Advancing high capacity 3D VO2(B) cathodes for improved zinc-ion battery performance

Abstract

Aqueous zinc-ion batteries (AZIBs) have gained attention for their intrinsic characteristics, driven by key advantages, such as cost-effectiveness, widespread availability of zinc, and reduced environmental impact, making AZIBs a promising alternative to lithium-based batteries, with potential applications in mini-grid and mini off-grid energy systems. However, achieving high capacity is crucial for AZIBs, driving the research focus towards developing advanced cathode materials. Vanadium dioxide (VO₂(B)) has emerged as a promising cathode material for AZIBs, owing to its large tunnel-like framework that accommodates Zn²⁺ ions for enhanced capacity. The overall performance of cathode materials depends not only on their inherent properties but also on their synthesis methods, electrode processing techniques, and achievement of ultra-high mass loading for 3D electrodes. In this study, we explore the optimization of VO₂(B) cathodes through refined synthesis approaches, various electrode processing methods, and the development of 3D electrodes with ultrahigh mass loading.

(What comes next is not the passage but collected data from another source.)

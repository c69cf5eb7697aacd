-- ===== src/Rmt/Protocol.antt =====
-- What the states of the protocol keep apart, although the mailboxes share one buffer.
use fw.Base.{ℕ, ◌≡◌, ◌⊎◌, Bool, true, false, arith}
use fw.Base.{Option, none, some, List}
use fw.Sys.Mbox.{Mbox, Memory, total_length, mbox_vdepositv, mbox_deposit}
use fw.Sys.Mbox.{mbox_retrieve, mbox_enable, mbox_init}
use fw.Rmt.{Rmt, RmtState, idle, req, res, rmt_request, rmt_responsev}
use fw.Rmt.{rmt_end, rmt_query, rmt_arrival, rmt_open}

-- The box is enabled and stands on a buffer of the full size.
pub record IsOpen (b : Mbox) : Type 0 where
  pub enabled : b.enabled ≡ true
  pub has_buf : b.has_buf ≡ true
  pub size : b.size ≡ 256

-- While a response is sent no request block waits; at all other times the outgoing box is empty or
-- holds the empty block that ends a response.
abbrev pub Apart : RmtState → Option ℕ → Option ℕ → Type 0
Apart idle i o = (o ≡ none) ⊎ (o ≡ some 0)
Apart req i o = (o ≡ none) ⊎ (o ≡ some 0)
Apart res i o = i ≡ none

pub record IsSound (r : Rmt) : Type 0 where
  pub in_open : IsOpen r.inbox
  pub out_open : IsOpen r.outbox
  pub apart : Apart r.state r.inbox.length r.outbox.length

pub rmt_open-IsSound : (mem : Memory) (r : Rmt) → rmt_open mem ≡ some r → IsSound r
unfolding rmt_open mbox_enable mbox_init
rmt_open-IsSound mem r e = ground arith

pub rmt_query-IsSound :
    (r r' : Rmt) (bytes : Option (List ℕ)) → IsSound r → rmt_query r ≡ some (bytes, r') → IsSound r'
unfolding rmt_query mbox_retrieve
rmt_query-IsSound r r' bytes s e = ground arith

pub rmt_request-IsSound :
    (r r' : Rmt) (size : ℕ) (n : Option ℕ) (bytes : List ℕ)
    → IsSound r
    → rmt_request r size ≡ some (n, bytes, r')
    → IsSound r'
unfolding rmt_request mbox_retrieve
rmt_request-IsSound r r' size n bytes s e = ground arith

pub rmt_responsev-IsSound :
    (r r' : Rmt) (parts : List (List ℕ)) (ok : Bool)
    → IsSound r
    → rmt_responsev r parts ≡ some (ok, r')
    → IsSound r'
unfolding rmt_responsev mbox_vdepositv
rmt_responsev-IsSound r r' parts ok s e = ground arith

pub rmt_end-IsSound : (r r' : Rmt) (ok : Bool) → IsSound r → rmt_end r ≡ some (ok, r') → IsSound r'
unfolding rmt_end mbox_vdepositv total_length
rmt_end-IsSound r r' ok s e = ground arith

pub rmt_arrival-IsSound :
    (r r' : Rmt) (bytes : List ℕ) (ok : Bool)
    → IsSound r
    → rmt_arrival r false bytes ≡ some (ok, r')
    → IsSound r'
unfolding rmt_arrival mbox_deposit
rmt_arrival-IsSound r r' bytes ok s e = ground arith
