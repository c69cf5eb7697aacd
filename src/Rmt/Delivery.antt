-- ===== src/Rmt/Delivery.antt =====
-- Runs of the protocol without resets: the host reads the response blocks that were sent.
use fw.Base.{ℕ, zero, suc, ◌≤◌, ◌≡◌, refl, Bool, true, false, arith}
use fw.Base.{Option, none, some, List, [], ◌∷◌, length, take}
use mathlib.Core.List.{append_assoc}
use mathlib.Core.Path.{subst, ap}
use fw.Base.{◌++◌}
use fw.Sys.Mbox.{Memory, total_length, copy_parts, mbox_vdepositv, mbox_deposit}
use fw.Sys.Mbox.{mbox_retrieve, mbox_enable, mbox_init}
use fw.Sys.Mbox.Laws.{joined, copy_parts_memory, length-joined, take-copy_parts}
use fw.Rmt.{Rmt, idle, res, rmt_request, rmt_responsev}
use fw.Rmt.{rmt_end, rmt_query, rmt_arrival, rmt_open, rmt_set_reset}
use fw.Rmt.Protocol.{Apart, IsSound, rmt_open-IsSound, rmt_query-IsSound, rmt_request-IsSound}
use fw.Rmt.Protocol.{rmt_responsev-IsSound, rmt_end-IsSound, rmt_arrival-IsSound}

-- The calls, in any order, from the opening on and up to the closing; the list is the block that the
-- device sent last and the host has not yet read, if there is one. The reset function never answers 1.
pub data Run : Option (List ℕ) → Rmt → Type 0 where
  opened : {r : Rmt} (mem : Memory) → rmt_open mem ≡ some r → Run none r
  reset_set :
      {g : Option (List ℕ)} {r : Rmt} (has_reset : Bool)
      → Run g r
      → Run g (rmt_set_reset r has_reset)
  requested :
      {g : Option (List ℕ)} {r r' : Rmt} (size : ℕ) (n : Option ℕ) (bytes : List ℕ)
      → Run g r
      → rmt_request r size ≡ some (n, bytes, r')
      → Run g r'
  responded :
      {g : Option (List ℕ)} {r r' : Rmt} (parts : List (List ℕ))
      → Run g r
      → rmt_responsev r parts ≡ some (true, r')
      → Run (some (joined parts)) r'
  refused :
      {g : Option (List ℕ)} {r r' : Rmt} (parts : List (List ℕ))
      → Run g r
      → rmt_responsev r parts ≡ some (false, r')
      → Run g r'
  ended :
      {g : Option (List ℕ)} {r r' : Rmt} → Run g r → rmt_end r ≡ some (true, r') → Run (some []) r'
  end_refused :
      {g : Option (List ℕ)} {r r' : Rmt} → Run g r → rmt_end r ≡ some (false, r') → Run g r'
  queried :
      {g : Option (List ℕ)} {r r' : Rmt} (answer : Option (List ℕ))
      → Run g r
      → rmt_query r ≡ some (answer, r')
      → Run none r'
  received :
      {g : Option (List ℕ)} {r r' : Rmt} (bytes : List ℕ) (ok : Bool)
      → Run g r
      → rmt_arrival r false bytes ≡ some (ok, r')
      → Run g r'

abbrev pub Carries : Option (List ℕ) → Rmt → Type 0
Carries none r = r.outbox.length ≡ none
Carries (some m) r =
    (r.outbox.length ≡ some (length m)) × (length m ≤ 256) × (take (length m) r.memory ≡ m)

request-Carries :
    (g : Option (List ℕ)) (r r' : Rmt) (size : ℕ) (n : Option ℕ) (bytes : List ℕ)
    → Carries g r
    → rmt_request r size ≡ some (n, bytes, r')
    → Carries g r'
unfolding rmt_request mbox_retrieve
request-Carries none r r' size n bytes c e = ground arith
request-Carries (some m) r r' size n bytes c e = ground arith

respond-Carries :
    (r r' : Rmt) (parts : List (List ℕ))
    → IsSound r
    → rmt_responsev r parts ≡ some (true, r')
    → Carries (some (joined parts)) r'
unfolding rmt_responsev mbox_vdepositv
respond-Carries r r' parts s e = ground (arith, length-joined parts, take-copy_parts parts r.memory)

refuse-Carries :
    (g : Option (List ℕ)) (r r' : Rmt) (parts : List (List ℕ))
    → Carries g r
    → rmt_responsev r parts ≡ some (false, r')
    → Carries g r'
unfolding rmt_responsev mbox_vdepositv
refuse-Carries none r r' parts c e = ground arith
refuse-Carries (some m) r r' parts c e = ground arith

end-Carries : (r r' : Rmt) → rmt_end r ≡ some (true, r') → Carries (some []) r'
unfolding rmt_end mbox_vdepositv total_length
end-Carries r r' e = ground arith

end_refuse-Carries :
    (g : Option (List ℕ)) (r r' : Rmt) → Carries g r → rmt_end r ≡ some (false, r') → Carries g r'
unfolding rmt_end mbox_vdepositv
end_refuse-Carries none r r' c e = ground arith
end_refuse-Carries (some m) r r' c e = ground arith

query-Carries :
    (g : Option (List ℕ)) (r r' : Rmt) (answer : Option (List ℕ))
    → IsSound r
    → rmt_query r ≡ some (answer, r')
    → Carries none r'
unfolding rmt_query mbox_retrieve
query-Carries g r r' answer s e = ground arith

arrival-Carries :
    (g : Option (List ℕ)) (r r' : Rmt) (bytes : List ℕ) (ok : Bool)
    → IsSound r
    → Carries g r
    → rmt_arrival r false bytes ≡ some (ok, r')
    → Carries g r'
unfolding rmt_arrival mbox_deposit mbox_vdepositv
arrival-Carries none r r' bytes ok s c e = ground arith
arrival-Carries (some []) r r' bytes ok s c e = ground arith
arrival-Carries (some (x ∷ m)) r r' bytes ok s c e = ground arith

set_reset-IsSound : (r : Rmt) (has_reset : Bool) → IsSound r → IsSound (rmt_set_reset r has_reset)
unfolding rmt_set_reset
set_reset-IsSound r has_reset s = record {
  in_open = s.in_open;
  out_open = s.out_open;
  apart = s.apart;
}

set_reset-Carries :
    (g : Option (List ℕ)) (r : Rmt) (has_reset : Bool)
    → Carries g r
    → Carries g (rmt_set_reset r has_reset)
unfolding rmt_set_reset
set_reset-Carries none r has_reset c = c
set_reset-Carries (some m) r has_reset c = c

Run-lem : {g : Option (List ℕ)} {r : Rmt} → Run g r → IsSound r × Carries g r
Run-lem (opened {r = r} mem e) =
    (rmt_open-IsSound mem r e, unfold rmt_open mbox_enable mbox_init in ground arith)
Run-lem (reset_set {g = g} {r = r} has_reset run) =
    let (s, c) = Run-lem run in (set_reset-IsSound r has_reset s, set_reset-Carries g r has_reset c)
Run-lem (requested {g = g} {r = r} {r' = r'} size n bytes run e) =
    let (s, c) = Run-lem run in
    (rmt_request-IsSound r r' size n bytes s e, request-Carries g r r' size n bytes c e)
Run-lem (responded {r = r} {r' = r'} parts run e) =
    let (s, c) = Run-lem run in
    (rmt_responsev-IsSound r r' parts true s e, respond-Carries r r' parts s e)
Run-lem (refused {g = g} {r = r} {r' = r'} parts run e) =
    let (s, c) = Run-lem run in
    (rmt_responsev-IsSound r r' parts false s e, refuse-Carries g r r' parts c e)
Run-lem (ended {r = r} {r' = r'} run e) =
    let (s, c) = Run-lem run in (rmt_end-IsSound r r' true s e, end-Carries r r' e)
Run-lem (end_refused {g = g} {r = r} {r' = r'} run e) =
    let (s, c) = Run-lem run in (rmt_end-IsSound r r' false s e, end_refuse-Carries g r r' c e)
Run-lem (queried {g = g} {r = r} {r' = r'} answer run e) =
    let (s, c) = Run-lem run in (rmt_query-IsSound r r' answer s e, query-Carries g r r' answer s e)
Run-lem (received {g = g} {r = r} {r' = r'} bytes ok run e) =
    let (s, c) = Run-lem run in
    (rmt_arrival-IsSound r r' bytes ok s e, arrival-Carries g r r' bytes ok s c e)

query_delivers :
    (g : Option (List ℕ)) (r : Rmt)
    → IsSound r
    → Carries g r
    → rmt_query r ≡ some (g, record r { outbox = record r.outbox { length = none } })
unfolding rmt_query mbox_retrieve
query_delivers none r s c = ground arith
query_delivers (some m) r s c = ground arith

-- After any sequence of calls from `rmt_open` on, `rmt_set_reset` included, in which no assertion fails,
-- `rmt_close` is not called, and the reset function never answers 1, `rmt_query` gives the host exactly
-- the block that was accepted last and not yet read, or nothing if there is none, however many
-- requests arrived in between on the shared buffer.
pub Run-query :
    {g : Option (List ℕ)} {r : Rmt}
    → Run g r
    → rmt_query r ≡ some (g, record r { outbox = record r.outbox { length = none } })
Run-query {g} {r} run = let (s, c) = Run-lem run in query_delivers g r s c

-- The states of the protocol keep the mailboxes apart in every such run.
pub Run-IsSound : {g : Option (List ℕ)} {r : Rmt} → Run g r → IsSound r
Run-IsSound run = (Run-lem run).0

take-append_le : (n : ℕ) (xs ys : List ℕ) → n ≤ length xs → take n (xs ++ ys) ≡ take n xs
take-append_le zero xs ys h = refl
take-append_le (suc n) [] ys h = absurd (omega arith)
take-append_le (suc n) (x ∷ xs) ys h = ap (◌∷◌ x) (take-append_le n xs ys (omega arith))

take-one_part :
    (n : ℕ) (bytes mem : List ℕ)
    → n ≤ length bytes
    → take n (copy_parts mem 0 (bytes ∷ [])) ≡ take n bytes
take-one_part n bytes mem h =
    rw (copy_parts_memory (bytes ∷ []) mem, append_assoc) (take-append_le n bytes _ h)

-- A reset while a block of the response waits: the outgoing box keeps it, and the host reads the
-- first bytes of the new request block in its place.
pub rmt_arrival_clobbers :
    (r : Rmt) (m bytes : List ℕ)
    → IsSound r
    → Carries (some m) r
    → r.state ≡ res
    → r.has_reset ≡ true
    → length m ≤ length bytes
    → length bytes ≤ 256
    → (r' : Rmt) × (r'' : Rmt) × (rmt_arrival r true bytes ≡ some (true, r'))
      × (rmt_query r' ≡ some (some (take (length m) bytes), r''))
unfolding rmt_arrival mbox_deposit mbox_vdepositv rmt_query mbox_retrieve
rmt_arrival_clobbers r m bytes s c e h k l =
    let empty : r.inbox.length ≡ none =
      subst (λ x. Apart x r.inbox.length r.outbox.length) e s.apart in
    let r' : Rmt = record r {
      state = idle;
      inbox = record r.inbox { length = some (total_length (bytes ∷ [])) };
      memory = copy_parts r.memory 0 (bytes ∷ []);
    } in
    (
      r',
      record r' { outbox = record r.outbox { length = none } },
      ground arith,
      ground (arith, take-one_part (length m) bytes r.memory k),
    )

As a result, we achieved significant improvements in specific capacity, from 310 mA h g⁻¹ to 500 mA h g⁻¹, through parameter tuning. Additionally, our optimized cathodes demonstrated a stable capacity retention of 71.5% after 1000 cycles. We also developed ultra-high mass loading cathodes of 24 g cm⁻², achieving an areal capacity of 4.6 mA h cm⁻², with a stability of 81.5% after 1000 cycles. This work provides a comprehensive approach to obtaining high-capacity cathodes, contributing to the advancement of reliable and high-performance AZIBs.